There are no trumpets in “Behold, I bring you glad tidings,” but the extended overture opens with the strings in majestic rising chords of triumph before engaging in a the kind of quick contrapuntal dialog the catch-maker Purcell was so expert at: the violins become the angelic instruments of praise before indulging in several rounds of mischievous joy.
The bass, sung by Michael George whose musicianship ranges grandly from the fleet to the stentorian, enters with the stately figure first heard at the start in the violins. But here it is colored with piquant appoggiaturas that differentiate the utterance from the pure, untroubled sonorities of heaven: although angelic, there is an earthly urgency to the pronouncement. Purcell wrote the part for the Chapel Royal bass, John Gostling, a singer renowned for his ringing low notes, and indeed this part has a vast range.
After the ascending major-key, invocation of “Behold” the music shifts to the minor for “the glad tidings.” The vocal line surges upward before tumbling downward, like Purcell’s racing left hand in his famous Voluntary for Double Organ. In an inspired example of the counterintuitive, the line plunges downward towards the word “joy,” which is pulled, Orpheus-like, from the depths by Gostling’s latter-day successor, Michael George. Is this rapture descending to earth, God among us? Perhaps. But I cannot help but hear a certainly thrill in the dark side, or maybe an impish desire to play with the exuberant flames of the Christmas fire.
Two higher male voices—here sung great English singers, the countertenor James Bowman and Charles Daniels—bring “glad tidings” in dancing triple time.

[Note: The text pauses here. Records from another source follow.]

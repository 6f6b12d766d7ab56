-- ===== src/Prelude/Assoc.antt =====
-- A `std::unordered_map` as an association list in which each key stands once.
use fast_db.Prelude.Tests.{if◌then◌else◌}
use fast_db.Prelude.Keys.{Eq, ◌=?◌}
use mathlib.Core.Path.{◌≡◌, refl}
use mathlib.Core.List.{List, [], ◌∷◌}
use mathlib.Core.Option.{Option, none, some}
use native.Mathlib.Omega.{arith}

abbrev pub Assoc {ℓ κ} : Type ℓ → Type κ → Type (ℓ ⊔ κ)
Assoc K V = List (K × V)

module _ {ℓ κ} {K : Type ℓ} {V : Type κ} ⦃e : Eq K⦄ where
  -- `find`, with `end()` as `none`
  unfoldable pub find : K → Assoc K V → Option V
  find k [] = none
  find k ((j, v) ∷ m) = if j =? k then some v else find k m

  -- `m[k] = v`
  unfoldable pub insert : K → V → Assoc K V → Assoc K V
  insert k v [] = (k, v) ∷ []
  insert k v ((j, w) ∷ m) = if j =? k then (j, v) ∷ m else (j, w) ∷ insert k v m

  -- `m.erase(k)`
  unfoldable pub erase : K → Assoc K V → Assoc K V
  erase k [] = []
  erase k ((j, w) ∷ m) = if j =? k then erase k m else (j, w) ∷ erase k m

  pub find-insert :
      (k q : K) (v : V) (m : Assoc K V)
      → find q (insert k v m) ≡ (if k =? q then some v else find q m)
  unfolding find insert
  find-insert k q v [] = refl
  find-insert k q v ((j, w) ∷ m) =
      ground (arith, e.beq_iff k q, e.beq_iff j k, e.beq_iff j q, find-insert k q v m)

  pub find-erase :
      (k q : K) (m : Assoc K V) → find q (erase k m) ≡ (if k =? q then none else find q m)
  unfolding find erase
  find-erase k q [] = ground arith
  find-erase k q ((j, w) ∷ m) =
      ground (arith, e.beq_iff k q, e.beq_iff j k, e.beq_iff j q, find-erase k q m)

The technical precision of the singing is astounding: the intonation and accuracy, as if all were as easy as playing it at the organ, but with the expressivity only the human voice can supply.
Purcell then brings in the heavenly host with all three soloists in swirling colloquy intermixed with jubilant string interludes, before the full chorus—and Purcell had large one at his disposal—echoes the rapturous consonance of the choir of angels. Handel would learn much from this kind of dramatic deployment of massed choral forces: “Glory to God on high.” Purcell alternates this with the prayers of the soloists for peace and good will towards men. The words are delivered to a melancholy music above a descending bass-line that is unmistakably a lament. I cannot help but hear in this passage an unflinching realism about earthly truths: this music invoking peace mourns the lack of it on earth.

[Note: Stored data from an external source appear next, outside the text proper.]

-- ===== src/HttpServer.antt =====
-- deprecated/HttpServer.h: the data of HttpServer. Files, sockets, the clock, the random numbers, URLs and regular
-- expressions are an Environment.
pub mod Sessions
pub mod Arguments
pub mod MimeTypes
pub mod Routes
pub mod Handling
pub mod Serving
pub mod Accepting
pub mod Server
use fast_db.Prelude.{ℕ, ◌*◌, Bool, Option, none, some, List, [], Bytes, ◌≡◌}
use fast_db.Prelude.Assoc.{Assoc}

-- `std::system_clock` in nanoseconds. `database` is `none` until somebody sets it.
pub record SessionData : Type 0 where
  pub user_id : Bytes
  pub last_access_time : ℕ
  pub database : Option ℕ

abbrev pub SessionsMap : Type 0
SessionsMap = Assoc Bytes SessionData

-- What the server reads of a request: the method, the target and the Cookie header.
pub record Request : Type 0 where
  pub method : Bytes
  pub target : Bytes
  pub cookie : Option Bytes

pub record Response : Type 0 where
  pub status : ℕ
  pub body : Bytes
  pub content_type : Option Bytes
  pub set_cookie : Option Bytes
  pub content_length : Option ℕ

-- `http::response<http::string_body> res;`
abbrev pub new_response : Response
new_response = record {
  status = 200;
  body = [];
  content_type = none;
  set_cookie = none;
  content_length = none;
}

abbrev pub with_result : ℕ → Bytes → Response → Response
with_result code text res = record {
  status = code;
  body = text;
  content_type = res.content_type;
  set_cookie = res.set_cookie;
  content_length = res.content_length;
}

abbrev pub with_content_type : Bytes → Response → Response
with_content_type mime res = record {
  status = res.status;
  body = res.body;
  content_type = some mime;
  set_cookie = res.set_cookie;
  content_length = res.content_length;
}

abbrev pub with_set_cookie : Bytes → Response → Response
with_set_cookie text res = record {
  status = res.status;
  body = res.body;
  content_type = res.content_type;
  set_cookie = some text;
  content_length = res.content_length;
}

-- The sessions, and how often a session id was made and the clock was read.
pub record State : Type 0 where
  pub sessions : SessionsMap
  pub generated : ℕ
  pub readings : ℕ

-- `draw k i` is the draw number `i` of the generator that makes the id number `k`, `clock` the readings of the clock in
-- order. `url_path` is the path of a target, and `none` if it is no URL; `file` the bytes of a regular file; `read_some`
-- how many bytes one read of a file returns, of those asked for. `compiles` tells whether a pattern is a regular
-- expression, and `regex_match` has the groups of a match.
pub record Environment : Type 0 where
  pub draw : ℕ → ℕ → ℕ
  pub clock : ℕ → ℕ
  pub url_path : Bytes → Option Bytes
  pub file : Bytes → Option Bytes
  pub read_some : Bytes → ℕ → ℕ
  pub compiles : Bytes → Bool
  pub regex_match : Bytes → Bytes → Option (List Bytes)

-- `RequestHandler`, which changes the response and may change the sessions.
abbrev pub RequestHandler : Type 0
RequestHandler = Request → Response → List Bytes → State → State × Response

pub record Route : Type 0 where
  pub regex : Bytes
  pub handler : RequestHandler

abbrev pub RoutesMap : Type 0
RoutesMap = Assoc Bytes (Assoc Bytes Route)

-- A method's table; `end()` has no routes.
abbrev pub table_of : Option (Assoc Bytes Route) → Assoc Bytes Route
table_of none = []
table_of (some table) = table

The final cadence curls garlands up towards heaven but also down towards earth: before the transcendent gestures of the final rising chords Purcell allows room for the sport of human intelligence and the embrace of sensual contour—dancing, conversing, flirting. With this one Christmas anthem, Purcell, god-like, made an entire musical universe, but one in which pomp of heaven-on-earth seems secondary to the more complicated and compelling beauty of the tangible. With his single Christmas anthem Purcell glories in the absolute, but stuffs the stockings with the real.